Connecting state and local government leaders
Civic tech organization Code for America analyzed state social services websites for customer experience. A few states stood out.
A new online guide analyzes social services benefits enrollment sites across the country so states can see how they stack up against their counterparts in reducing resident burden and streamlining safety net program applications.
The Benefits Enrollment Field Guide, developed by civic tech organization Code for America (CfA), includes an interactive chart that visualizes the accessibility of benefits program applications and websites within each state, including the District of Columbia and Puerto Rico. The chart assesses a site’s reading level, mobile responsiveness, application completion time and requirements for registration and knowledge-based verification among other features.
The guide examines the following federally funded programs:
- Modified Adjusted Gross Income (MAGI) Medicaid
- Supplemental Nutrition Assistance Program (SNAP)
- Temporary Assistance for Needy Families (TANF)
- Child Care Assistance Program (CCAP)
- The Special Supplemental Nutrition Program for Women, Infants, and Children (WIC)
Officials can use the field guide to explore how other states are making their enrollment processes more efficient to reduce participation gaps, CfA’s Program Director of Integrated Benefits Dustin Palmer told GCN. For instance, a few states have enabled mobile-friendly document uploaders, which expedites the enrollment process and eliminates the need for faxing, mailing or hand delivering documents, according to the field guide site.
The guide, which launched today, builds upon CfA’s 2019 project, which analyzed more than 70 benefits applications for SNAP, Medicaid, TANF, WIC and the Low Income Home Energy Assistance Program. Because LIHEAP is a “relatively small program that is primarily administered locally,” it was replaced by CCAP this year, according to the field guide.
“We ended up … sharing data on  different websites as part of this project, and 44 of them were brand new since we looked at them in … 2019,” Palmer said. “It's a much more dynamic environment than we really expected. Every state is making strides towards these digital tools.”
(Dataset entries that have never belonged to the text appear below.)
-- ===== src/BufferPool/Growth.antt =====
-- How large the buffers grow: tasks take buffers, resize them for a packet's payload, and give
-- them back, as `read_packet` of gateway/mod.rs does.
use iog.Prelude.{
  ℕ, zero, suc, ◌^◌, ◌≤◌, ◌<◌, ◌≡◌, refl, Option, none, some, List, [], ◌∷◌, arith, length,
  length-replicate, replicate, subst, sym, ◌-◌, All, Bool-cases, inl, inr,
}
use iog.Statistics.{buffer_size}
use iog.BufferPool.{
  Buffer, BufferPool, PooledBuffer, zeros, resize, new, default, pooled, pop, acquire, drop,
  pool_size,
}

-- The pool and the buffers that tasks hold.
pub record Lent : Type 0 where
  pub pool : BufferPool
  pub held : List PooledBuffer

pub data LentOp : Type 0 where
  takes : ℕ → LentOp
  returns : ℕ → List ℕ → LentOp

-- The list without the element at a place, and that element.
abbrev pub take_out : List PooledBuffer → ℕ → Option PooledBuffer × List PooledBuffer
take_out [] i = (none, [])
take_out (p ∷ ps) zero = (some p, ps)
take_out (p ∷ ps) (suc i) = ((take_out ps i).0, p ∷ (take_out ps i).1)

-- `acquire` and `resize(n, 0)`.
unfoldable pub lend : Lent → ℕ → Lent
unfolding acquire resize
lend s n =
    let (p, pool) = acquire s.pool in
    record { pool = pool; held = record p { buffer = resize p.buffer n 0 } ∷ s.held }

-- The `Drop` of a buffer with these contents.
abbrev pub give : BufferPool → Option PooledBuffer → List ℕ → BufferPool
give pool none contents = pool
give pool (some p) contents = drop pool (record p { buffer = record p.buffer { bytes = contents } })

abbrev pub step : Lent → LentOp → Lent
step s (takes n) = lend s n
step s (returns i contents) = record {
  pool = give s.pool (take_out s.held i).0 contents;
  held = (take_out s.held i).1;
}

abbrev pub run : Lent → List LentOp → Lent
run s [] = s
run s (op ∷ ops) = run (step s op) ops

-- Twice the largest capacity that a payload of 16 bits can outgrow.
abbrev pub largest : ℕ
largest = 131068

abbrev pub IsSmall : Buffer → Type 0
IsSmall b = (length b.bytes ≤ b.capacity) × (b.capacity ≤ largest)

abbrev pub IsHeld : PooledBuffer → Type 0
IsHeld p = (p.size ≤ p.buffer.capacity) × (p.buffer.capacity ≤ largest)

abbrev pub IsBounded : Lent → Type 0
IsBounded s = All IsSmall s.pool.buffers × All IsHeld s.held × (s.pool.size ≤ largest)

abbrev pub IsPayload : LentOp → Type 0
IsPayload (takes n) = n < 2 ^ 16
IsPayload (returns i contents) = Unit

All-map :
    {A : Type 0} {P Q : A → Type 0} (xs : List A) → ((x : A) → P x → Q x) → All P xs → All Q xs
All-map [] f h = tt
All-map (x ∷ xs) f h = (f x h.0, All-map xs f h.1)

resize-IsHeld :
    (b : Buffer) (n : ℕ)
    → n < 2 ^ 16
    → IsSmall b
    → IsHeld (record (pooled b) { buffer = resize b n 0 })
unfolding pooled resize
resize-IsHeld b n fits h = ground arith

zeros-IsSmall : (n : ℕ) → n ≤ largest → IsSmall (zeros n)
unfolding zeros
zeros-IsSmall n h = (omega (arith, length-replicate n zero), h)

restored-IsSmall :
    (capacity size : ℕ)
    → size ≤ capacity
    → capacity ≤ largest
    → IsSmall (resize (record { bytes = []; capacity = capacity }) size 0)
unfolding resize
restored-IsSmall capacity zero h b = ground arith
restored-IsSmall capacity (suc n) h b = ground (arith, length-replicate (suc n - 0) zero)

drop-IsSmall :
    (pool : BufferPool) (p : PooledBuffer)
    → IsHeld p
    → All IsSmall pool.buffers
    → All IsSmall (drop pool p).buffers × ((drop pool p).size ≡ pool.size)
unfolding drop
drop-IsSmall pool p h b = ground (arith, restored-IsSmall p.buffer.capacity p.size h.0 h.1)

give-IsSmall :
    (pool : BufferPool) (o : Option PooledBuffer) (contents : List ℕ)
    → ((p : PooledBuffer) → o ≡ some p → IsHeld p)
    → All IsSmall pool.buffers
    → All IsSmall (give pool o contents).buffers × ((give pool o contents).size ≡ pool.size)
give-IsSmall pool none contents h b = (b, refl)
give-IsSmall pool (some p) contents h b =
    drop-IsSmall pool (record p { buffer = record p.buffer { bytes = contents } }) (h p refl) b

take_out-IsHeld :
    (ps : List PooledBuffer) (i : ℕ)
    → All IsHeld ps
    → ((p : PooledBuffer) → (take_out ps i).0 ≡ some p → IsHeld p) × All IsHeld (take_out ps i).1
take_out-IsHeld [] i h = ((λ p e. cc), tt)
take_out-IsHeld (q ∷ ps) zero h = ((λ p e. let same : q ≡ p = cc in subst IsHeld same h.0), h.1)
take_out-IsHeld (q ∷ ps) (suc i) h =
    let (found, rest) = take_out-IsHeld ps i h.1 in (found, (h.0, rest))

pop-IsSmall :
    (bs : List Buffer) (fresh : Buffer)
    → All IsSmall bs
    → IsSmall fresh
    → IsSmall (pop bs fresh).0 × All IsSmall (pop bs fresh).1
pop-IsSmall [] fresh h f = (f, tt)
pop-IsSmall (b ∷ bs) fresh h f = h

-- What `acquire` hands out, with the size it is to have on its return.
acquire-IsSmall :
    (pool : BufferPool)
    → All IsSmall pool.buffers
    → pool.size ≤ largest
    → let (p, t) = acquire pool in
      (b : Buffer) × (p ≡ pooled b) × IsSmall b × All IsSmall t.buffers × (t.size ≡ pool.size)
unfolding acquire
acquire-IsSmall pool h size = elim (Bool-cases pool.poisoned) [
  | inl e ↦ rw (e, acquire) (zeros pool.size, refl, zeros-IsSmall pool.size size, h, refl)
  | inr e ↦
      let (small, rest) =
        pop-IsSmall pool.buffers (zeros pool.size) h (zeros-IsSmall pool.size size) in
      rw (e, acquire) ((pop pool.buffers (zeros pool.size)).0, refl, small, rest, refl)
]

step-IsBounded : (s : Lent) (op : LentOp) → IsPayload op → IsBounded s → IsBounded (step s op)
unfolding lend
step-IsBounded s (takes n) fits (small, held, size) =
    let (b, same, is_small, rest, kept) = acquire-IsSmall s.pool small size in
    (
      rest,
      (
        subst (λ p. IsHeld (record p { buffer = resize p.buffer n 0 })) (sym same)
            (resize-IsHeld b n fits is_small),
        held,
      ),
      ground arith,
    )
step-IsBounded s (returns i contents) fits (small, held, size) =
    let (found, rest) = take_out-IsHeld s.held i held in
    let (small', kept) = give-IsSmall s.pool (take_out s.held i).0 contents found small in
    (small', rest, ground arith)

run-IsBounded :
    (s : Lent) (ops : List LentOp) → All IsPayload ops → IsBounded s → IsBounded (run s ops)
run-IsBounded s [] fits h = h
run-IsBounded s (op ∷ ops) fits h =
    run-IsBounded (step s op) ops fits.1 (step-IsBounded s op fits.0 h)

replicate-IsSmall : (count n : ℕ) → n ≤ largest → All IsSmall (replicate count (zeros n))
replicate-IsSmall zero n h = tt
replicate-IsSmall (suc count) n h = (zeros-IsSmall n h, replicate-IsSmall count n h)

default-IsBounded : IsBounded (record { pool = default; held = [] })
unfolding default new
default-IsBounded = (replicate-IsSmall pool_size buffer_size (omega arith), tt, omega arith)

-- After any history of the global pool in which tasks take buffers, resize them for a payload whose
-- size has 16 bits, and give them back in any order and with any contents: no buffer, in the
-- pool or held by a task, has a capacity above 131068 bytes, twice the largest capacity that such a
-- payload can outgrow.
pub run-capacity :
    (ops : List LentOp)
    → All IsPayload ops
    → let s = run (record { pool = default; held = [] }) ops in
      All (λ b. b.capacity ≤ largest) s.pool.buffers × All (λ p. p.buffer.capacity ≤ largest) s.held
run-capacity ops fits =
    let (small, held, size) = run-IsBounded _ ops fits default-IsBounded in
    (All-map _ (λ b h. h.1) small, All-map _ (λ p h. h.1) held)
Since 2019 analysis, the pandemic put pressure on states to integrate their safety net programs and make them more web- and mobile-friendly, CfA’s Senior Program Manager of Safety Net Best Practices Sara Soka told GCN.
Prepandemic data showed only 43% of online applications were mobile responsive, and no states offered integrated applications across all safety net programs evaluated by CfA, according to the field guide site.
In 2023, however, the percentage of mobile-responsive online applications increased to 69%, and five states now have integrated applications for Medicaid, SNAP, TANF, CCAP and WIC.
But barriers remain. CfA found 70% of applications still required burdensome account registrations to access benefits applications, and many forms are not offered in other languages such as Spanish, according to a press release.
Also, more than half—52%—of benefits programs’ websites are not easily accessed with a mobile phone. “It’s really a coin flip, whether or not you're going to be able to fill out that application for the program that you need on your mobile phone,” Soka said. “That’s important because people who make under $30,000 a year … depend on their mobile phone for internet access in the U.S. People who are most in need of these benefits really do need mobile access.”
The web accessibility of benefits enrollment sites was manually evaluated by staff and with Google PageSpeed Insights, a performance tool that analyzes user experience of mobile and desktop webpages. The tool assesses features such as largest contentful paint, first input delay, cumulative layout shift and others. It also checks for accessibility points, including button labels and alternative text on images.
To help states overcome challenges with benefits applications, CfA highlights “exemplary” enrollment sites under the Progress tab. For example, Kentucky’s kynect site uses gating questions, meaning applications will enable or disable subsequent inquiries based on an applicant’s response. This feature helps avoid irrelevant or complex questions to “minimize the time and administrative burden placed on applicants,” Soka said.
Another useful tool is a human-staffed live-chat service, which is not yet used by many agencies, Palmer said. Minnesota and New Mexico offer person-to-person chat support so residents can receive assistance for a question they may not understand, he added. Both states also provide Spanish-based live chats.
For simplifying application forms, CfA suggests agencies use plain, concise language and separate important pages or sections with headlines. Agencies should also group similar questions together and ensure buttons, entry boxes and other interactive features are large enough on a mobile device so users don’t have to zoom in and out.
“We want states to see [the Benefits Enrollment Field Guide] as an inspiration and see what’s out there that they can adopt and take on in their own environment,” Palmer said.